Items listed in a dataset:
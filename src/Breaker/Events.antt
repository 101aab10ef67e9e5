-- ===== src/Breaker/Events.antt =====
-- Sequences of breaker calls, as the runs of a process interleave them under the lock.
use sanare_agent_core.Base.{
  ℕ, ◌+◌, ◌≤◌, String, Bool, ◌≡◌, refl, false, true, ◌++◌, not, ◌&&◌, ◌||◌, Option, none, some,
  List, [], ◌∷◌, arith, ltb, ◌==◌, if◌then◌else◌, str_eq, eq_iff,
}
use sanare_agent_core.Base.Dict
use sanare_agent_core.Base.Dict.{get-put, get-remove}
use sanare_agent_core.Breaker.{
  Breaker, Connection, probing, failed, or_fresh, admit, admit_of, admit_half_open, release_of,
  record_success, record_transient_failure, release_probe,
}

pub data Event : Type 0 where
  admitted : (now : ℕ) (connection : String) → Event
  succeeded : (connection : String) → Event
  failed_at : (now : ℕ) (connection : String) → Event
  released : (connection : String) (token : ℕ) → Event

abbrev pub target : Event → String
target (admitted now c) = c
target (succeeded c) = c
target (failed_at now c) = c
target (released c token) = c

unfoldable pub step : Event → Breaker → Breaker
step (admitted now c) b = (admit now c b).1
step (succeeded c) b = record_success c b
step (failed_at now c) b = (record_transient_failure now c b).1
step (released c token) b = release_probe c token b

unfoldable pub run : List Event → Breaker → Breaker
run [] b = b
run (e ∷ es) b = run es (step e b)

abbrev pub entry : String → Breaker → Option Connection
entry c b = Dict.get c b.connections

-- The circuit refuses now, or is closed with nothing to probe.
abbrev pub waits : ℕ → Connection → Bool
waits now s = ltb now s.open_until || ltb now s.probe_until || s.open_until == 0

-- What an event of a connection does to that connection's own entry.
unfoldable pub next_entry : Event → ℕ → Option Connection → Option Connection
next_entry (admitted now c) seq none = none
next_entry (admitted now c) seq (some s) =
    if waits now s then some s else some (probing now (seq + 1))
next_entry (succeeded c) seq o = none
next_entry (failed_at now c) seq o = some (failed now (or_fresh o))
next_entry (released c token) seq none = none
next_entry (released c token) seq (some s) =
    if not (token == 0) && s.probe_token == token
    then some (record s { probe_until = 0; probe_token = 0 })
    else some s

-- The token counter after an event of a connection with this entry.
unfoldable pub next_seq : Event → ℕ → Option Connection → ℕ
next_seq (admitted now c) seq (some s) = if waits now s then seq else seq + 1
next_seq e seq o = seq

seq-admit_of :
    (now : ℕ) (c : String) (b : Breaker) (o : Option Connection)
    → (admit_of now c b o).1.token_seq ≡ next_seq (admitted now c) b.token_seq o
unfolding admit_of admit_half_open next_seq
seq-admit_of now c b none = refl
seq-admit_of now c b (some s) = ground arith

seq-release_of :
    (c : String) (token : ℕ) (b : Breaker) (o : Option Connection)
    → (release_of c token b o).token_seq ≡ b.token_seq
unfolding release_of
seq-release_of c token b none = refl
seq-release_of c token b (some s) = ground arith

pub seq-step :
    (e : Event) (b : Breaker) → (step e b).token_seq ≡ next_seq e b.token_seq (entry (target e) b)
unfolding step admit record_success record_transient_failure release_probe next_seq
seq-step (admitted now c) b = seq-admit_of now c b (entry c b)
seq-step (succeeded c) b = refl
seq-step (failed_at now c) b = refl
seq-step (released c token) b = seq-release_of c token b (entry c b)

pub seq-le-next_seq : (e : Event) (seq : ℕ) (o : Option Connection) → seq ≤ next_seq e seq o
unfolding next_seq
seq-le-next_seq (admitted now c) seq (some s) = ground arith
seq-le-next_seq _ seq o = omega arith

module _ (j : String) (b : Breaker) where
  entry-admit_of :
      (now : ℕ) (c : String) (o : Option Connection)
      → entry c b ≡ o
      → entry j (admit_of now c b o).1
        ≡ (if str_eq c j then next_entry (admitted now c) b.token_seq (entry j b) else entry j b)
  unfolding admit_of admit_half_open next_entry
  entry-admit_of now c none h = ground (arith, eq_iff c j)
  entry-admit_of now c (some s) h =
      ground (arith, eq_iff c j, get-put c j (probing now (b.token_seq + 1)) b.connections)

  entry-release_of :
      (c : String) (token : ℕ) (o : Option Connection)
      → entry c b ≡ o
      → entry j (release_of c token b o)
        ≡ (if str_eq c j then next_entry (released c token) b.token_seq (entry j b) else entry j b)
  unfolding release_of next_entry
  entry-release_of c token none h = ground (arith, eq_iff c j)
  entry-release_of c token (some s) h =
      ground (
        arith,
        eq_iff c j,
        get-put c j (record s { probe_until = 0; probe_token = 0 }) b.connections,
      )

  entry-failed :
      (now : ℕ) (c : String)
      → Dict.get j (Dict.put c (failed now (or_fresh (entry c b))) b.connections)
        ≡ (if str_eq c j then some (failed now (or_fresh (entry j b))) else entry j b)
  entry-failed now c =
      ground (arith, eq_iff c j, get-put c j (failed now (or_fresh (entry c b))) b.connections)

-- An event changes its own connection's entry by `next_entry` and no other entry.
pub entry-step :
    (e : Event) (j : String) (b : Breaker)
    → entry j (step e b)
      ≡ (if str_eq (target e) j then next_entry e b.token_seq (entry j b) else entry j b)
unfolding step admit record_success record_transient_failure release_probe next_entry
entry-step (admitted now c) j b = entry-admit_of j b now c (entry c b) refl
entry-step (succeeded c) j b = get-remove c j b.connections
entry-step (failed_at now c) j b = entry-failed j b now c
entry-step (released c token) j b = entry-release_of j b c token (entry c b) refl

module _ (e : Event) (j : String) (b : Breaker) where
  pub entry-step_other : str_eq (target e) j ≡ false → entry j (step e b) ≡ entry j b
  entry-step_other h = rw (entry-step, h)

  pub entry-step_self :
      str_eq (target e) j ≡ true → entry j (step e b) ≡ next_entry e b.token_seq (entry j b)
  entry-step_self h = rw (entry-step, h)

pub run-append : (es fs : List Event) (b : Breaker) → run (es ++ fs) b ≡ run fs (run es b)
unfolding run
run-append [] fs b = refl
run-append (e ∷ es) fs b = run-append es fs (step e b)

**TASK INSTRUCTIONS**
Copy the records above, keeping every word the same.

**EXERCISE ANSWER**
filename src/Breaker/Events.antt
repository 101aab10ef67e9e5
-- ===== src/Breaker/Events.antt =====
-- Sequences of breaker calls, as the runs of a process interleave them under the lock.
use sanare_agent_core.Base.{
  ℕ, ◌+◌, ◌≤◌, String, Bool, ◌≡◌, refl, false, true, ◌++◌, not, ◌&&◌, ◌||◌, Option, none, some,
  List, [], ◌∷◌, arith, ltb, ◌==◌, if◌then◌else◌, str_eq, eq_iff,
}
use sanare_agent_core.Base.Dict
use sanare_agent_core.Base.Dict.{get-put, get-remove}
use sanare_agent_core.Breaker.{
  Breaker, Connection, probing, failed, or_fresh, admit, admit_of, admit_half_open, release_of,
  record_success, record_transient_failure, release_probe,
}

pub data Event : Type 0 where
  admitted : (now : ℕ) (connection : String) → Event
  succeeded : (connection : String) → Event
  failed_at : (now : ℕ) (connection : String) → Event
  released : (connection : String) (token : ℕ) → Event

abbrev pub target : Event → String
target (admitted now c) = c
target (succeeded c) = c
target (failed_at now c) = c
target (released c token) = c

unfoldable pub step : Event → Breaker → Breaker
step (admitted now c) b = (admit now c b).1
step (succeeded c) b = record_success c b
step (failed_at now c) b = (record_transient_failure now c b).1
step (released c token) b = release_probe c token b

unfoldable pub run : List Event → Breaker → Breaker
run [] b = b
run (e ∷ es) b = run es (step e b)

abbrev pub entry : String → Breaker → Option Connection
entry c b = Dict.get c b.connections

-- The circuit refuses now, or is closed with nothing to probe.
abbrev pub waits : ℕ → Connection → Bool
waits now s = ltb now s.open_until || ltb now s.probe_until || s.open_until == 0

-- What an event of a connection does to that connection's own entry.
unfoldable pub next_entry : Event → ℕ → Option Connection → Option Connection
next_entry (admitted now c) seq none = none
next_entry (admitted now c) seq (some s) =
    if waits now s then some s else some (probing now (seq + 1))
next_entry (succeeded c) seq o = none
next_entry (failed_at now c) seq o = some (failed now (or_fresh o))
next_entry (released c token) seq none = none
next_entry (released c token) seq (some s) =
    if not (token == 0) && s.probe_token == token
    then some (record s { probe_until = 0; probe_token = 0 })
    else some s

-- The token counter after an event of a connection with this entry.
unfoldable pub next_seq : Event → ℕ → Option Connection → ℕ
next_seq (admitted now c) seq (some s) = if waits now s then seq else seq + 1
next_seq e seq o = seq

seq-admit_of :
    (now : ℕ) (c : String) (b : Breaker) (o : Option Connection)
    → (admit_of now c b o).1.token_seq ≡ next_seq (admitted now c) b.token_seq o
unfolding admit_of admit_half_open next_seq
seq-admit_of now c b none = refl
seq-admit_of now c b (some s) = ground arith

seq-release_of :
    (c : String) (token : ℕ) (b : Breaker) (o : Option Connection)
    → (release_of c token b o).token_seq ≡ b.token_seq
unfolding release_of
seq-release_of c token b none = refl
seq-release_of c token b (some s) = ground arith

pub seq-step :
    (e : Event) (b : Breaker) → (step e b).token_seq ≡ next_seq e b.token_seq (entry (target e) b)
unfolding step admit record_success record_transient_failure release_probe next_seq
seq-step (admitted now c) b = seq-admit_of now c b (entry c b)
seq-step (succeeded c) b = refl
seq-step (failed_at now c) b = refl
seq-step (released c token) b = seq-release_of c token b (entry c b)

pub seq-le-next_seq : (e : Event) (seq : ℕ) (o : Option Connection) → seq ≤ next_seq e seq o
unfolding next_seq
seq-le-next_seq (admitted now c) seq (some s) = ground arith
seq-le-next_seq _ seq o = omega arith

module _ (j : String) (b : Breaker) where
  entry-admit_of :
      (now : ℕ) (c : String) (o : Option Connection)
      → entry c b ≡ o
      → entry j (admit_of now c b o).1
        ≡ (if str_eq c j then next_entry (admitted now c) b.token_seq (entry j b) else entry j b)
  unfolding admit_of admit_half_open next_entry
  entry-admit_of now c none h = ground (arith, eq_iff c j)
  entry-admit_of now c (some s) h =
      ground (arith, eq_iff c j, get-put c j (probing now (b.token_seq + 1)) b.connections)

  entry-release_of :
      (c : String) (token : ℕ) (o : Option Connection)
      → entry c b ≡ o
      → entry j (release_of c token b o)
        ≡ (if str_eq c j then next_entry (released c token) b.token_seq (entry j b) else entry j b)
  unfolding release_of next_entry
  entry-release_of c token none h = ground (arith, eq_iff c j)
  entry-release_of c token (some s) h =
      ground (
        arith,
        eq_iff c j,
        get-put c j (record s { probe_until = 0; probe_token = 0 }) b.connections,
      )

  entry-failed :
      (now : ℕ) (c : String)
      → Dict.get j (Dict.put c (failed now (or_fresh (entry c b))) b.connections)
        ≡ (if str_eq c j then some (failed now (or_fresh (entry j b))) else entry j b)
  entry-failed now c =
      ground (arith, eq_iff c j, get-put c j (failed now (or_fresh (entry c b))) b.connections)

-- An event changes its own connection's entry by `next_entry` and no other entry.
pub entry-step :
    (e : Event) (j : String) (b : Breaker)
    → entry j (step e b)
      ≡ (if str_eq (target e) j then next_entry e b.token_seq (entry j b) else entry j b)
unfolding step admit record_success record_transient_failure release_probe next_entry
entry-step (admitted now c) j b = entry-admit_of j b now c (entry c b) refl
entry-step (succeeded c) j b = get-remove c j b.connections
entry-step (failed_at now c) j b = entry-failed j b now c
entry-step (released c token) j b = entry-release_of j b c token (entry c b) refl

module _ (e : Event) (j : String) (b : Breaker) where
  pub entry-step_other : str_eq (target e) j ≡ false → entry j (step e b) ≡ entry j b
  entry-step_other h = rw (entry-step, h)

  pub entry-step_self :
      str_eq (target e) j ≡ true → entry j (step e b) ≡ next_entry e b.token_seq (entry j b)
  entry-step_self h = rw (entry-step, h)

pub run-append : (es fs : List Event) (b : Breaker) → run (es ++ fs) b ≡ run fs (run es b)
unfolding run
run-append [] fs b = refl
run-append (e ∷ es) fs b = run-append es fs (step e b)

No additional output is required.